Through the above operation, the discharge flow rate of the variable displacement hydraulic pump 3 increases by approximately the same amount as the increase in the required flow rate of the swing hydraulic motor 6, and as a result, the surplus flow rate passing through the relief pressure 14, which would otherwise be wasted energy, is suppressed to a minimum. obtain. However, while the required flow rate of the swing hydraulic motor 6 increases continuously with its acceleration,
The discharge flow rate of the variable displacement pump increases stepwise.

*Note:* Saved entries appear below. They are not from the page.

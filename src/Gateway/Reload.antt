-- ===== src/Gateway/Reload.antt =====
-- What the readings of the sensors become when the table is loaded again.
use ri_mms_linux.Prelude.{
  ℕ, zero, suc, ◌+◌, ◌-◌, ◌≡◌, refl, ap, sym, ◌∙◌, arith, Bool, true, false, List, [], ◌∷◌, map,
  Option, none, some, ◌==◌, if◌then◌else◌,
}
use mathlib.Core.Option
use mathlib.Core.Option.{some_inj}
use ri_mms_linux.Prelude.Int.{ℤ, pos, negsuc, pattern32}
use ri_mms_linux.Device.{Device, init_device, init_from, init_devices}
use ri_mms_linux.Db.{load_row, load_rows, names_fit, load_device_db, run}
use ri_mms_linux.Db.Tables.{Store, Sqlite, select_sensor}
use ri_mms_linux.Gateway.{Gateway, World, Instant, reload_table, reload_devices}

-- The last readings of a row of the table, and the time stamp of the frame that they came with.
abbrev pub last_readings : Device → ℤ × ℤ × ℤ × ℤ
last_readings d = (d.temperature, d.umidita, d.batteria, d.lastidradio)

load_rows-readings :
    (atoi : List ℕ → ℤ) (n : ℕ) (datarow : List (List (List ℕ))) (devices : List Device)
    → map last_readings (load_rows atoi n datarow devices) ≡ map last_readings devices
unfolding load_rows load_row
load_rows-readings atoi zero datarow devices = refl
load_rows-readings atoi (suc n) [] [] = refl
load_rows-readings atoi (suc n) [] (d ∷ devices) = refl
load_rows-readings atoi (suc n) (cells ∷ datarow) [] = refl
load_rows-readings atoi (suc n) (cells ∷ datarow) (d ∷ devices) =
    ap (λ t. last_readings d ∷ t) (load_rows-readings atoi n datarow devices)

-- What a round of `InitDevices` leaves as it is, the whole loop does.
pub init_from-map :
    {A : Type 0} (f : Device → A) (uknown : ℕ → List ℕ) (now : ℤ)
    → ((i : ℕ) (d : Device) → f (init_device uknown now i d) ≡ f d)
    → (i n : ℕ) (ds ds' : List Device) → init_from uknown now i n ds ≡ some ds'
    → map f ds' ≡ map f ds
unfolding init_from
init_from-map f uknown now keeps i n [] ds' e = ground arith
init_from-map f uknown now keeps i n (d ∷ ds) ds' e =
    by_test (n == 0) (init_from uknown now (i + 1) (n - 1) ds)
      (init_from-map f uknown now keeps (i + 1) (n - 1) ds) e
  where
    by_test :
        (done : Bool) (rest : Option (List Device))
        → ((ds'' : List Device) → rest ≡ some ds'' → map f ds'' ≡ map f ds)
        → (if done then some (d ∷ ds) else Option.map (λ t. init_device uknown now i d ∷ t) rest)
          ≡ some ds'
        → map f ds' ≡ map f (d ∷ ds)
    by_test true rest same e = rw (← some_inj.0 e) refl
    by_test false none same e = ground arith
    by_test false (some rest) same e =
        rw (← some_inj.0 e, keeps i d) (ap (λ t. f d ∷ t) (same rest refl))

load_device_db-readings :
    {S : Type 0} (atoi : List ℕ → ℤ) (sqlite : Sqlite S) (devices : List Device) (t : Store S)
    → map last_readings (load_device_db atoi sqlite devices t).1 ≡ map last_readings devices
unfolding load_device_db
load_device_db-readings {S} atoi sqlite devices t =
    by_tests (sqlite.opens t.disk) (run sqlite select_sensor t)
  where
    by_tests :
        (opens : Bool) (ran : Store S × Bool)
        → map last_readings
            (if◌then◌else◌ {A = ℤ × List Device × Store S} opens
              (if ran.1
                then (
                  pos (ran.0).numrow,
                  load_rows atoi (ran.0).numrow (ran.0).datarow devices,
                  if names_fit atoi (ran.0).numrow (ran.0).datarow
                      then ran.0
                      else record ran.0 { overrun = true },
                )
                else (negsuc 1, devices, ran.0))
              (negsuc 0, devices, t)).1
          ≡ map last_readings devices
    by_tests true (loaded, true) = load_rows-readings atoi loaded.numrow loaded.datarow devices
    by_tests true (loaded, false) = refl
    by_tests false ran = refl

-- A loading that stays within its arrays is that of the table.
pub reload_devices-table :
    {S : Type 0} (world : World S) (at : Instant) (g g' : Gateway S)
    → reload_devices world at g ≡ some g'
    → reload_table world at g ≡ some g'
unfolding reload_devices
reload_devices-table {S} world at g g' = by_table (reload_table world at g)
  where
    by_overrun :
        (h : Gateway S) (over : Bool) → (if over then none else some h) ≡ some g' → some h ≡ some g'
    by_overrun h true e = ground arith
    by_overrun h false e = e

    by_table :
        (o : Option (Gateway S))
        → (elim o as (λ o. Option (Gateway S)) [
          | none ↦ none
          | some h ↦ if h.store.overrun then none else some h
        ])
          ≡ some g'
        → o ≡ some g'
    by_table none e = e
    by_table (some h) e = by_overrun h h.store.overrun e

-- `InitDevices` loads the sensors into the rows anew and leaves the readings where they were:
-- whatever rows the database holds, if loading them stays within the arrays (a name has at most 29
-- characters, a text of a column 127, and there are at most 100 rows), each row of the table has
-- the temperature, the humidity, the battery and the time stamp that it had, and so after a removal
-- each later sensor has those of another.
pub reload_devices-readings :
    {S : Type 0} (world : World S) (at : Instant) (g g' : Gateway S)
    → reload_devices world at g ≡ some g'
    → map last_readings (g'.radio).devices ≡ map last_readings (g.radio).devices
unfolding reload_table init_devices init_device
reload_devices-readings {S} world at g g' e =
    by_init (init_from world.uknown (at.moment).time 0 (pattern32 loaded.0) loaded.1)
      (λ ds' e'. init_from-map last_readings _ _ (λ i d. refl) _ _ _ ds' e')
      (reload_devices-table world at g g' e)
  where
    loaded : ℤ × List Device × Store S
    loaded = load_device_db world.atoi world.sqlite (g.radio).devices g.store

    by_init :
        (o : Option (List Device))
        → ((ds : List Device) → o ≡ some ds → map last_readings ds ≡ map last_readings loaded.1)
        → (elim (Option.map {B = ℕ × List Device} (λ ds. (pattern32 loaded.0, ds)) o)
            as (λ x. Option (Gateway S)) [
              | none ↦ none
              | some (n, ds) ↦ some (record g {
                store = loaded.2;
                radio = record g.radio { devices = ds; device_number = n; device_index = 0 };
              })
            ])
          ≡ some g'
        → map last_readings (g'.radio).devices ≡ map last_readings (g.radio).devices
    by_init none keeps e = ground arith
    by_init (some ds) keeps e =
        ap (λ (h : Gateway S). map last_readings (h.radio).devices) (sym (some_inj.0 e))
        ∙ keeps ds refl
        ∙ load_device_db-readings world.atoi world.sqlite (g.radio).devices g.store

Therefore, it is necessary to suppress this step-like step to a small level by appropriately selecting the throttles 17a and 17b disposed in the middle of the pipes 11a and 11b, and to approximately approximate the continuous increase described above.

The embodiment shown in FIG. 1 described above is a closed circuit using a variable displacement pump 3 with bidirectional discharge.
The present invention can be realized by the hydraulic circuit shown in FIG. 2 even if the variable displacement pump 3 is a unidirectional discharge type and the drive circuit of the swing hydraulic motor 6 is an open circuit.

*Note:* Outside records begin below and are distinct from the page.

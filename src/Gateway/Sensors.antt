-- ===== src/Gateway/Sensors.antt =====
-- The sensors of the database and those of the table.
use ri_mms_linux.Prelude.{
  ℕ, ◌%◌, ◌^◌, ◌≤◌, ◌≡◌, refl, ap, sym, ◌∙◌, arith, true, List, [], ◌∷◌, map, Option, none, some,
  length, take,
}
use mathlib.Core.Option
use mathlib.Core.Option.{some_inj}
use ri_mms_linux.Prelude.Int.{ℤ, pos, pattern16, pattern32}
use ri_mms_linux.Device.{Device, init_device, init_from, init_devices}
use ri_mms_linux.Db.{run, cell, load_row, load_rows, load_device_db}
use ri_mms_linux.Db.Tables.{Sqlite, Store, Row, select_sensor}
use ri_mms_linux.Db.Rows.{AllFit, AllWide, over, laid, callbacks-laid}
use ri_mms_linux.Gateway.{Gateway, World, Instant, reload_table, reload_devices}
use ri_mms_linux.Gateway.Reload.{init_from-map, reload_devices-table}

-- A NULL is stored as an empty text.
abbrev pub text_of : Option (List ℕ) → List ℕ
text_of none = []
text_of (some text) = text

-- A row has an id and an address.
abbrev pub IsKeyed : Row → Type 0
IsKeyed [] = ⊥
IsKeyed (v ∷ []) = ⊥
IsKeyed (v ∷ v' ∷ row) = Unit

abbrev pub AllKeyed : List Row → Type 0
AllKeyed [] = Unit
AllKeyed (row ∷ rows) = IsKeyed row × AllKeyed rows

-- The id and the address of a row and of a sensor, as WORD_D patterns.
abbrev pub row_key : (List ℕ → ℤ) → Row → ℕ × ℕ
row_key atoi [] = (0, 0)
row_key atoi (v ∷ []) = (0, 0)
row_key atoi (v ∷ v' ∷ row) = (pattern16 (atoi (text_of v)), pattern16 (atoi (text_of v')))

abbrev pub device_key : Device → ℕ × ℕ
device_key d = (d.id, d.add)

over-first :
    (v : Option (List ℕ)) (row : Row) (c : List ℕ) (cells : List (List ℕ))
    → cell (over (v ∷ row) (c ∷ cells)) 0 ≡ text_of v
over-first none row c cells = refl
over-first (some v) row c cells = refl

over-second :
    (v v' : Option (List ℕ)) (row : Row) (c c' : List ℕ) (cells : List (List ℕ))
    → cell (over (v ∷ v' ∷ row) (c ∷ c' ∷ cells)) 1 ≡ text_of v'
over-second none v' row c c' cells = over-first v' row c' cells
over-second (some v) v' row c c' cells = over-first v' row c' cells

module _ (atoi : List ℕ → ℤ) where
  load_row-key :
      (row : Row) (cells : List (List ℕ)) (d : Device)
      → IsKeyed row
      → length cells ≡ 14
      → device_key (load_row atoi (over row cells) d) ≡ row_key atoi row
  unfolding load_row
  load_row-key [] cells d keyed wide = absurd keyed
  load_row-key (v ∷ []) cells d keyed wide = absurd keyed
  load_row-key (v ∷ v' ∷ row) [] d keyed wide = absurd (omega arith)
  load_row-key (v ∷ v' ∷ row) (c ∷ []) d keyed wide = absurd (omega arith)
  load_row-key (v ∷ v' ∷ row) (c ∷ c' ∷ cells) d keyed wide =
      rw (over-first v (v' ∷ row) c (c' ∷ cells), over-second v v' row c c' cells) refl

  load_rows-keys :
      (rows : List Row) (datarow : List (List (List ℕ))) (devices : List Device)
      → AllKeyed rows
      → AllWide datarow
      → length rows ≤ length datarow
      → length rows ≤ length devices
      → take
          (length rows)
          (map device_key (load_rows atoi (length rows) (laid rows datarow) devices))
        ≡ map (row_key atoi) rows
  unfolding load_rows
  load_rows-keys [] datarow devices keyed wide a b = refl
  load_rows-keys (row ∷ rows) [] devices keyed wide a b = absurd (omega arith)
  load_rows-keys (row ∷ rows) (cells ∷ datarow) [] keyed wide a b = absurd (omega arith)
  load_rows-keys (row ∷ rows) (cells ∷ datarow) (d ∷ devices) (k, keyed) (w, wide) a b =
      rw (load_row-key row cells d k w) (
        ap (λ t. row_key atoi row ∷ t)
          (load_rows-keys rows datarow devices keyed wide (omega arith) (omega arith)))

-- The statement of `LoadDeviceDb` finds the rows `rows` in the database `disk` and leaves it as it
-- is.
pub record Selects {S : Type 0} (sqlite : Sqlite S) (disk : S) (rows : List Row) : Type 0 where
  pub opened : sqlite.opens disk ≡ true
  pub answer : sqlite.exec select_sensor disk ≡ record { disk = disk; rows = rows; ok = true }

load_device_db-Selects :
    {S : Type 0} (atoi : List ℕ → ℤ) (sqlite : Sqlite S) (devices : List Device) (t : Store S)
    (rows : List Row)
    → Selects sqlite t.disk rows
    → AllFit rows
    → AllWide t.datarow
    → length rows ≤ length t.datarow
    → ((load_device_db atoi sqlite devices t).0 ≡ pos (length rows))
      × ((load_device_db atoi sqlite devices t).1
          ≡ load_rows atoi (length rows) (laid rows t.datarow) devices)
unfolding load_device_db run
load_device_db-Selects atoi sqlite devices t rows selects fit wide room =
    let stored = callbacks-laid t rows fit wide room in
    rw (selects.opened) (rw (selects.answer) (rw stored (refl, refl)))

-- When the database has at most 100 sensors, no more than the table has rows, their texts fit the
-- cells, and the loading stays within the arrays (a name has at most 29 characters), the table
-- after `InitDevices` has exactly the sensors of the database: as many, with their ids and
-- addresses, in the order of the rows.
pub reload_devices-Selects :
    {S : Type 0} (world : World S) (at : Instant) (g g' : Gateway S) (rows : List Row)
    → Selects world.sqlite g.store.disk rows
    → AllFit rows
    → AllKeyed rows
    → AllWide g.store.datarow
    → length g.store.datarow ≡ 100
    → length rows ≤ 100
    → length rows ≤ length (g.radio).devices
    → reload_devices world at g ≡ some g'
    → ((g'.radio).device_number ≡ length rows)
      × (take (length rows) (map device_key (g'.radio).devices) ≡ map (row_key world.atoi) rows)
unfolding reload_table init_devices init_device
reload_devices-Selects {S} world at g g' rows selects fit keyed wide hundred few room e =
    by_init (init_from world.uknown (at.moment).time 0 (pattern32 loaded.0) loaded.1)
      (λ ds' e'. init_from-map device_key _ _ (λ i d. refl) _ _ _ ds' e')
      (reload_devices-table world at g g' e)
  where
    loaded : ℤ × List Device × Store S
    loaded = load_device_db world.atoi world.sqlite (g.radio).devices g.store

    shape :
        (loaded.0 ≡ pos (length rows))
        × (loaded.1
            ≡ load_rows world.atoi (length rows) (laid rows g.store.datarow) (g.radio).devices)
    shape =
        load_device_db-Selects world.atoi world.sqlite (g.radio).devices g.store rows selects fit
          wide (omega arith)

    number : pattern32 loaded.0 ≡ length rows
    number =
        let small : length rows % 2 ^ 32 ≡ length rows = omega arith in
        ap pattern32 (shape.0) ∙ small

    by_init :
        (o : Option (List Device))
        → ((ds : List Device) → o ≡ some ds → map device_key ds ≡ map device_key loaded.1)
        → (elim (Option.map {B = ℕ × List Device} (λ ds. (pattern32 loaded.0, ds)) o)
            as (λ x. Option (Gateway S)) [
              | none ↦ none
              | some (n, ds) ↦ some (record g {
                store = loaded.2;
                radio = record g.radio { devices = ds; device_number = n; device_index = 0 };
              })
            ])
          ≡ some g'
        → ((g'.radio).device_number ≡ length rows)
          × (take (length rows) (map device_key (g'.radio).devices) ≡ map (row_key world.atoi) rows)
    by_init none same e = absurd (ground arith)
    by_init (some ds) same e =
        let g'' = sym (some_inj.0 e) in
        (
          ap (λ (h : Gateway S). (h.radio).device_number) g'' ∙ number,
          ap (λ (h : Gateway S). take (length rows) (map device_key (h.radio).devices)) g''
              ∙ ap (take (length rows)) (same ds refl)
              ∙ ap (λ ds. take (length rows) (map device_key ds)) (shape.1)
              ∙ load_rows-keys world.atoi rows g.store.datarow (g.radio).devices keyed wide
                  (omega arith) room,
        )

That is, in FIG. 2, the discharge amount of the variable displacement hydraulic pump 3 becomes larger than the required flow rate of the swing hydraulic motor,
When the discharge pressure of the pump 3 becomes higher than a certain level, the switching valve 5 is actuated via the pilot line 16, communication with the line 11 is cut off, the piston rod side hydraulic chamber 7b of the control cylinder 2 is sealed, and the piston 1 is closed.
This is to lock the movement of the variable displacement pump 3 and stop the discharge amount of the variable displacement pump 3 from increasing. The subsequent control operations are also carried out in the same manner as in the closed circuit shown in FIG.

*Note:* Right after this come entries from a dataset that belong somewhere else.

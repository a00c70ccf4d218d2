-- ===== src/Log/Laws.antt =====
-- Where a record goes: to SAMPLE_FILE, or to SAMPLE_RAM while an upload runs.
use ri_mms_linux.Prelude.{ℕ, List, ◌++◌}
use ri_mms_linux.Log.{Files, content}

-- All samples that the unit still has, in the order in which an upload will see them.
abbrev pub stored : Files → List ℕ
stored f = content f.sample ++ content f.sample_ram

As described above, the present invention uses a simple hydraulic circuit to adjust the hydraulic pressure in time according to the required flow rate of the swing hydraulic motor, regardless of the operation of the relief valve, regardless of whether the variable displacement hydraulic pump has bidirectional discharge or one-way discharge. It is possible to control the discharge amount of the pump and minimize energy waste.

[Brief explanation of the drawing]

FIG. 1 is a hydraulic circuit diagram showing a first embodiment of the present invention, and FIG. 2 is a circuit diagram showing a second embodiment of the invention. DESCRIPTION OF SYMBOLS 1...Piston, 2...Control cylinder, 3...Variable displacement pump, 4...Control rod, 5...Switching valve, 6...Swivel hydraulic motor, 7...Hydraulic chamber, 8...Operation lever, 9...Operating rod, 10...Constant displacement Hydraulic pump, 11...pipe line, 1
2...Spring, 13...Pipeline, 14...Relief valve, 15
... Shuttle valve, 16... Pilot pipe, 17... Throttle, 18... Swing hydraulic motor and its control circuit.

Claims (1)

[Claims] 1 A control cylinder having a piston that is displaced by manual operation, and a control cylinder that is linked to the displacement of the piston,
a control rod that is directly connected to the variable displacement hydraulic pump and controls the discharge amount of the variable displacement hydraulic pump regardless of the relief pressure; and a conduit that is equipped with a restriction that allows pressure oil to flow into the control cylinder by the manual operation. A discharge flow rate control device for a variable displacement pump, comprising a switching valve that shuts off at a discharge pressure of the pump above a certain level.